Deux cent trente et une pages qui défilent, qui se plient, qui se dégustent, qui font sourire, et qui nous guident vers la découverte de soi. En refermant le livre, on souhaiterait être dans la situation de George. Une situation qui peut paraître difficile mais qui a permis à George de savoir qui il est vraiment. Une introspection divinement bien menée entre visites parisiennes, connexion Skype et Facebook, conversations téléphoniques, envois de mail, sympathie avec le personnel de l’hôtel.

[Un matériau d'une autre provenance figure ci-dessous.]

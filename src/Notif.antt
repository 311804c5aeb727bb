-- ===== src/Notif.antt =====
-- internal/notif: the bounded log of configuration changes, and those who wait for a change.
-- The mutex makes each critical section one step; the sends on the waiters' channels, which follow
-- it, are steps of their own (Notif.World). An id is the value that ulid.Make returned.
pub mod World
pub mod Log
pub mod Channels
pub mod Wakeups
mod Tests
use go_lab_netconf.Base.{
  ℕ, ◌-◌, String, str_eq, Bool, ◌||◌, List, [], ◌∷◌, ◌++◌, Option, none, some, length, drop, take,
  ltb, leb, if◌then◌else◌, ◌==◌,
}
use go_lab_netconf.DomainErr.{AnyError}
use go_lab_netconf.Datastore.Yang.{Change}

pub data Error : Type 0 where
  wait_timeout not_found store_wiped : Error
  -- another error of a context
  cancelled : AnyError → Error

-- `StreamNETCONF`
abbrev pub stream_netconf : String
stream_netconf = "NETCONF"

pub record Notification : Type 0 where
  pub id : String
  pub stream : String
  pub profile : String
  pub changes : List Change

-- A query is its profile; an empty one matches any. A channel is a number.
pub record Waiter : Type 0 where
  pub q : String
  pub ch : ℕ

pub record Ring : Type 0 where
  pub cap : ℕ
  pub items : List Notification
  pub waiters : List Waiter

-- What is sent to a waiter: a notification, or the error.
pub data WaitResult : Type 0 where
  found : Notification → WaitResult
  failed : Error → WaitResult

abbrev pub default_capacity : ℕ
default_capacity = 256

abbrev pub max_capacity : ℕ
max_capacity = 4096

-- A capacity below 1 is the default; a negative one is 0 here.
pub clamp : ℕ → ℕ
clamp n =
    let m = if leb n 0 then default_capacity else n in
    if ltb max_capacity m then max_capacity else m

unfoldable pub new : ℕ → Ring
new n = record { cap = clamp n; items = []; waiters = [] }

-- `match`
unfoldable pub matches : String → Notification → Bool
matches q n = str_eq q "" || str_eq q n.profile

-- The insertion of `OnCommit`: at capacity the oldest record makes room.
unfoldable pub append_bounded : ℕ → Notification → List Notification → List Notification
append_bounded cap n items =
    (if leb cap (length items) then take (cap - 1) (drop 1 items) else items) ++ n ∷ []

-- `takeWaitersLocked`: those who are taken and those who remain.
unfoldable pub take_waiters : Notification → List Waiter → List Waiter × List Waiter
take_waiters n [] = ([], [])
take_waiters n (w ∷ ws) =
    let (taken, remaining) = take_waiters n ws in
    if matches w.q n then (w ∷ taken, remaining) else (taken, w ∷ remaining)

unfoldable pub sends_to : WaitResult → List Waiter → List (ℕ × WaitResult)
sends_to r [] = []
sends_to r (w ∷ ws) = (w.ch, r) ∷ sends_to r ws

-- `OnCommit` up to its unlock, with the sends that are left to do.
unfoldable pub on_commit : Ring → String → String → List Change → Ring × List (ℕ × WaitResult)
on_commit r id profile changes =
    let n : Notification = record {
      id = id;
      stream = stream_netconf;
      profile = profile;
      changes = changes;
    } in
    let (taken, remaining) = take_waiters n r.waiters in
    (
      record r { items = append_bounded r.cap n r.items; waiters = remaining },
      sends_to (found n) taken,
    )

-- `broadcastWiped`, which is `Wipe`, and `Clear` under a live context
unfoldable pub wipe : Ring → Ring × List (ℕ × WaitResult)
wipe r = (record r { items = []; waiters = [] }, sends_to (failed store_wiped) r.waiters)

unfoldable pub matching : String → List Notification → List Notification
matching q [] = []
matching q (n ∷ ns) = let rest = matching q ns in if matches q n then n ∷ rest else rest

-- `List` under a live context, oldest first
unfoldable pub list : Ring → String → List Notification
list r q = matching q r.items

get_in : String → List Notification → Option Notification
get_in id [] = none
get_in id (n ∷ ns) = if str_eq n.id id then some n else get_in id ns

-- `Get` under a live context; `none` is ErrNotFound.
pub get : Ring → String → Option Notification
unfolding get_in
get r id = get_in id r.items

-- `matchNewestLocked`: the loop runs from the last record to the first.
unfoldable pub match_newest : String → List Notification → Option Notification
match_newest q [] = none
match_newest q (n ∷ ns) = elim (match_newest q ns) [
  | some m ↦ some m
  | none ↦ if matches q n then some n else none
]

-- `Wait` under a live context, up to its select: the answer, or the ring with the waiter parked.
unfoldable pub wait : Ring → String → ℕ → Option Notification × Ring
wait r q ch = elim (match_newest q r.items) [
  | some n ↦ (some n, r)
  | none ↦ (none, record r { waiters = r.waiters ++ record { q = q; ch = ch } ∷ [] })
]

unfoldable pub without : ℕ → List Waiter → List Waiter
without ch [] = []
without ch (w ∷ ws) = let rest = without ch ws in if w.ch == ch then rest else w ∷ rest

unfoldable pub remove_waiter : Ring → ℕ → Ring
unfolding without
remove_waiter r ch = record r { waiters = without ch r.waiters }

Géraldine signe là un doux roman qui se lit facilement, et qui nous mène au fond de nous-même, si l’on veut bien s’attacher à notre héros. 

Quelques extraits

  • Dangereux pour moi. Parce que je suis en train de devenir quelqu’un d’autre ou enfin de devenir moi-même. (p61)
  • Je vais finir par repartir, alors. L’issue du combat est proche. George le Lucide est en train de terrasser définitivement George le Taciturne. J’assiste depuis trois jours au grand chambardement de mes planètes, à la rénovation de mon architecture intérieure, à une réconciliation, à un reparamétrage, à un tsunami dans ma base de données, mes contradictions se disciplinent dans une certaine harmonie. J’abats les troncs qui bouchent la vue. Ma noirceur s’irise. Mon misérabilisme me fait rire. J’ai de l’indulgence pour ma testostérone, ma calvitie est devenue tendance. J’ai piqué des sprints dans ma tête. Mon teinta rosi grâce à ce bol d’air climatisé. (p163)
  • Le couple d’en face s’est endormi devant la télévision. Il a la tête penchée en avant, elle sur le côté. Il a les bras croisés, elle les mains posées sur les accoudoirs. Finalement, ça ne ressemble à rien quand on dort à côté de la femme de sa vie. (p117)
  • J’ai envie de faire l’amour. Je dois manquer de tendresse. J’ai envie de marcher sur une plage. Je dois manquer d’espace. J’ai envie de plaire mais je ne suis plus séduisant. J’ai envie de me dépêcher, de prendre mon temps, de faire attention à ma ligne, de bouffer n’importe quoi, de changer toutes mes fringues, de mettre des photos de mes enfants partout chez moi, d’avoir 50 ans… (p189)

Un beau roman, une belle histoire. Merci encore Géraldine, et succès à After.